*Task material*.
..........

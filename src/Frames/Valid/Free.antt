-- ===== src/Frames/Valid/Free.antt =====
-- `invfreeframe` on a well-formed state.
use virtual_memory_xinu_f.Base.{
  ℕ, ◌-◌, ◌≤◌, ◌≡◌, ◌≢◌, refl, ap, ◌∙◌, true, false, not, none, some, arith, ◌==◌, ◌&&◌,
  if◌then◌else◌, update, List, ◌∷◌, Bool-cases, inl, inr, ok,
}
use virtual_memory_xinu_f.Base.Distinct.{
  mem, Distinct, pigeonhole, erase, mem-cons_cases, mem-erase_lem, erase-not_mem,
}
use virtual_memory_xinu_f.Frames.{
  Region, e1, same_region, region_size, frame0, fr_free, fr_used, Frame, FrameTable, fidxtoregion,
  invfreeframe, give_back, remove_from_used_ll, push_frame, set_stack, set_free,
}
use virtual_memory_xinu_f.Frames.Seg.{Seg-frame}
use virtual_memory_xinu_f.Frames.Stacks.{
  free_list, free_slots-push, length-slots_from, by_region, same_region_self, same_region-eq,
}
use virtual_memory_xinu_f.Frames.UsedList.{
  IsUsedList, LinksOnly, remove-IsUsedList, remove-LinksOnly, stack-remove, unlisted,
}
use virtual_memory_xinu_f.Frames.Valid.{IsValid, Held, fidxtoregion-range}

abbrev pushed : FrameTable → Region → ℕ → FrameTable
pushed s r f = record s { stack = set_stack s.stack r (push_frame f (s.stack r)) }

module _ (s : FrameTable) (xs : List ℕ) (v : IsValid s xs) (f : ℕ) (r : Region)
    (at_r : fidxtoregion f ≡ some r) (was_used : (s.invpt f).fr_state ≡ fr_used) where
  -- A used frame is on no free list.
  used-Held : Held s f
  used-Held q = elim (Bool-cases (mem f (free_list s q))) [
    | inl m ↦ absurd (cc ((v.free_frames q f m).1))
    | inr out ↦ out
  ]

  -- So the stack of its region has room: not all frames of the region can be free.
  not_full : (s.stack r).frsp ≢ 0
  not_full e =
      let all : List ℕ = f ∷ free_list s r in
      let many =
        pigeonhole (region_size r) (frame0 r) all (used-Held r, v.free_distinct r)
          λ a m. fidxtoregion-range r a (in_region a m) in
      omega (
        arith,
        many,
        length-slots_from (s.stack r).frstack (s.stack r).frsp (region_size r - (s.stack r).frsp),
      )
    where
      in_region : (a : ℕ) → mem a (f ∷ free_list s r) ≡ true → fidxtoregion a ≡ some r
      in_region a m = elim (mem-cons_cases a f (free_list s r) m) [
        | inl e ↦ rw e at_r
        | inr inside ↦ (v.free_frames r a inside).0
      ]

  pushed_list : free_list (pushed s r f) r ≡ f ∷ free_list s r
  pushed_list =
      rw (same_region_self r) (free_slots-push (region_size r) f (s.stack r) not_full (v.bounded r))

  pushed_other : (q : Region) → same_region r q ≡ false → free_list (pushed s r f) q ≡ free_list s q
  pushed_other q ne = rw ne

  -- The entry of `f` is set free in a state `u` that has its number on the stack.
  module _ (u : FrameTable) (xs' : List ℕ) (same : u.stack ≡ (pushed s r f).stack)
      (links : LinksOnly s.invpt u.invpt) (listed : IsUsedList u xs')
      (mems : (a : ℕ) → mem a xs' ≡ (mem a xs && not (f == a))) where
    state_after :
        (a : ℕ)
        → ((set_free f u).invpt a).fr_state ≡ (if f == a then fr_free else (s.invpt a).fr_state)
    state_after a =
        let e : (u.invpt a).fr_state ≡ (s.invpt a).fr_state =
          ap (λ (fr : Frame). fr.fr_state) (links a) in
        ground arith

    idx_after : (a : ℕ) → ((set_free f u).invpt a).fr_idx ≡ (s.invpt a).fr_idx
    idx_after a =
        let e : (u.invpt a).fr_idx ≡ (s.invpt a).fr_idx =
          ap (λ (fr : Frame). fr.fr_idx) (links a) in
        ground arith

    free-IsUsedList : IsUsedList (set_free f u) xs'
    free-IsUsedList = record {
      head_is = listed.head_is;
      tail_is = listed.tail_is;
      linked =
          Seg-frame u.invpt (set_free f u).invpt none xs' none (λ a m. ground arith) listed.linked;
      distinct = listed.distinct;
    }

    freed-free_frames :
        (q : Region) (a : ℕ)
        → mem a (free_list (pushed s r f) q) ≡ true
        → (fidxtoregion a ≡ some q) × (((set_free f u).invpt a).fr_state ≡ fr_free)
    freed-free_frames =
        by_region
          (λ q.
            (a : ℕ)
            → mem a (free_list (pushed s r f) q) ≡ true
            → (fidxtoregion a ≡ some q) × (((set_free f u).invpt a).fr_state ≡ fr_free))
          r
          (λ a m. elim (mem-cons_cases a f (free_list s r) (rw pushed_list at m)) [
            | inl e ↦ rw e (at_r, state_after f ∙ ground arith)
            | inr inside ↦
                ((v.free_frames r a inside).0, state_after a ∙ keeps a (v.free_frames r a inside).1)
          ])
          λ q ne a m.
            let inside : mem a (free_list s q) ≡ true = rw (pushed_other q ne) at m in
            ((v.free_frames q a inside).0, state_after a ∙ keeps a (v.free_frames q a inside).1)
      where
        keeps :
            (a : ℕ)
            → (s.invpt a).fr_state ≡ fr_free
            → (if f == a then fr_free else (s.invpt a).fr_state) ≡ fr_free
        keeps a e = ground arith

    freed-IsValid : IsValid (set_free f u) xs'
    freed-IsValid = record {
      bounded = λ q. rw same (
          by_region (λ q. ((pushed s r f).stack q).frsp ≤ region_size q) r
            (rw (same_region_self r) (omega (arith, v.bounded r))) (λ q ne. rw ne (v.bounded q)) q);
      free_distinct = λ q. rw same (
          by_region (λ q. Distinct (free_list (pushed s r f) q)) r
            (rw pushed_list (used-Held r, v.free_distinct r))
            (λ q ne. rw (pushed_other q ne) (v.free_distinct q)) q);
      free_frames = λ q a m. freed-free_frames q a (rw same at m);
      used = free-IsUsedList;
      used_frames = λ a m. ground (arith, mems a, v.used_frames a, state_after a);
      used_listed = λ a at_e1 k. ground (arith, mems a, v.used_listed a at_e1, state_after a);
      indexed = λ q a at_q. idx_after a ∙ v.indexed q a at_q;
    }

  -- The state that `invfreeframe` leaves.
  abbrev given_back : FrameTable
  given_back =
      set_free f (if same_region r e1 then remove_from_used_ll f (pushed s r f) else pushed s r f)

  gives_back : invfreeframe f s ≡ (ok, given_back)
  unfolding invfreeframe
  gives_back =
      let ne : (s.stack r).frsp ≢ 0 = not_full in
      let room : ((s.stack r).frsp == 0) ≡ false = ground arith in
      rw (was_used, at_r, give_back, room)

  pushed-IsUsedList : (ys : List ℕ) → IsUsedList s ys → IsUsedList (pushed s r f) ys
  pushed-IsUsedList ys u = record {
    head_is = u.head_is;
    tail_is = u.tail_is;
    linked = u.linked;
    distinct = u.distinct;
  }

  not_listed : same_region r e1 ≡ false → mem f xs ≡ false
  not_listed other = elim (Bool-cases (mem f xs)) [
    | inl m ↦
        let at_e1 : fidxtoregion f ≡ some e1 = (v.used_frames f m).0 in
        ground (arith, at_r, same_region_self e1)
    | inr out ↦ out
  ]

  given_back-IsValid : IsValid given_back (erase f xs)
  given_back-IsValid = elim (Bool-cases (same_region r e1)) [
    | inl at_e1 ↦ rw at_e1 (
        freed-IsValid (remove_from_used_ll f (pushed s r f)) (erase f xs)
          (stack-remove f (pushed s r f)) (remove-LinksOnly f (pushed s r f))
          (remove-IsUsedList f xs (pushed s r f) (pushed-IsUsedList xs v.used)
            (v.used_listed f (at_r ∙ ap some (same_region-eq r e1 at_e1)) was_used))
          λ a. mem-erase_lem a f xs v.used.distinct)
    | inr other ↦ rw other (
        freed-IsValid (pushed s r f) (erase f xs) refl (λ a. refl)
          (rw (erase-not_mem f xs (not_listed other)) (pushed-IsUsedList xs v.used))
          λ a. mem-erase_lem a f xs v.used.distinct)
  ]

  given_back-stack : given_back.stack ≡ (pushed s r f).stack
  given_back-stack = elim (Bool-cases (same_region r e1)) [
    | inl at_e1 ↦ rw at_e1 (stack-remove f (pushed s r f))
    | inr other ↦ rw other
  ]

  set_free-entry :
      (u : FrameTable) (a : ℕ)
      → LinksOnly s.invpt u.invpt
      → unlisted ((set_free f u).invpt a)
        ≡ unlisted (update s.invpt f (record (s.invpt f) { fr_state = fr_free }) a)
  set_free-entry u a links = elim (Bool-cases (f == a)) [
    | inl same ↦ rw same (ap (λ (fr : Frame). record fr { fr_state = fr_free }) (links f))
    | inr other ↦ rw other (links a)
  ]

  given_back-entry :
      (a : ℕ)
      → unlisted (given_back.invpt a)
        ≡ unlisted (update s.invpt f (record (s.invpt f) { fr_state = fr_free }) a)
  given_back-entry a = elim (Bool-cases (same_region r e1)) [
    | inl at_e1 ↦ rw at_e1 (
        set_free-entry (remove_from_used_ll f (pushed s r f)) a (remove-LinksOnly f (pushed s r f)))
    | inr other ↦ rw other (set_free-entry (pushed s r f) a λ b. refl)
  ]

-- What a caller may rely on when the frame `f` has been given back.
pub record Freed (s : FrameTable) (xs : List ℕ) (f : ℕ) (r : Region) (s' : FrameTable)
    : Type 0 where
  pub valid : IsValid s' (erase f xs)
  pub on_top : free_list s' r ≡ f ∷ free_list s r
  pub others : (q : Region) → same_region r q ≡ false → free_list s' q ≡ free_list s q
  pub entries :
      (a : ℕ)
      → unlisted (s'.invpt a)
        ≡ unlisted (update s.invpt f (record (s.invpt f) { fr_state = fr_free }) a)

-- On a well-formed state `invfreeframe` of a used frame of a region never fails: the frame becomes
-- free and the first of the free list of its region, it leaves the eviction list, no other entry
-- and no other free list changes, and the state stays well-formed.
pub invfreeframe-IsValid :
    (s : FrameTable) (xs : List ℕ) (f : ℕ) (r : Region)
    → IsValid s xs
    → fidxtoregion f ≡ some r
    → (s.invpt f).fr_state ≡ fr_used
    → ((invfreeframe f s).0 ≡ ok) × Freed s xs f r (invfreeframe f s).1
invfreeframe-IsValid s xs f r v at_r was_used = rw (gives_back s xs v f r at_r was_used) (
  refl,
  record {
    valid = given_back-IsValid s xs v f r at_r was_used;
    on_top = rw (given_back-stack s xs v f r at_r was_used) (pushed_list s xs v f r at_r was_used);
    others = λ q ne.
        rw (given_back-stack s xs v f r at_r was_used) (pushed_other s xs v f r at_r was_used q ne);
    entries = given_back-entry s xs v f r at_r was_used;
  },
)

..........

*Activity*. In the material above, find each line that contains the word "false", and select it.

*Task response*.
  ℕ, ◌-◌, ◌≤◌, ◌≡◌, ◌≢◌, refl, ap, ◌∙◌, true, false, not, none, some, arith, ◌==◌, ◌&&◌,
  pushed_other : (q : Region) → same_region r q ≡ false → free_list (pushed s r f) q ≡ free_list s q
      let room : ((s.stack r).frsp == 0) ≡ false = ground arith in
  not_listed : same_region r e1 ≡ false → mem f xs ≡ false
  pub others : (q : Region) → same_region r q ≡ false → free_list s' q ≡ free_list s q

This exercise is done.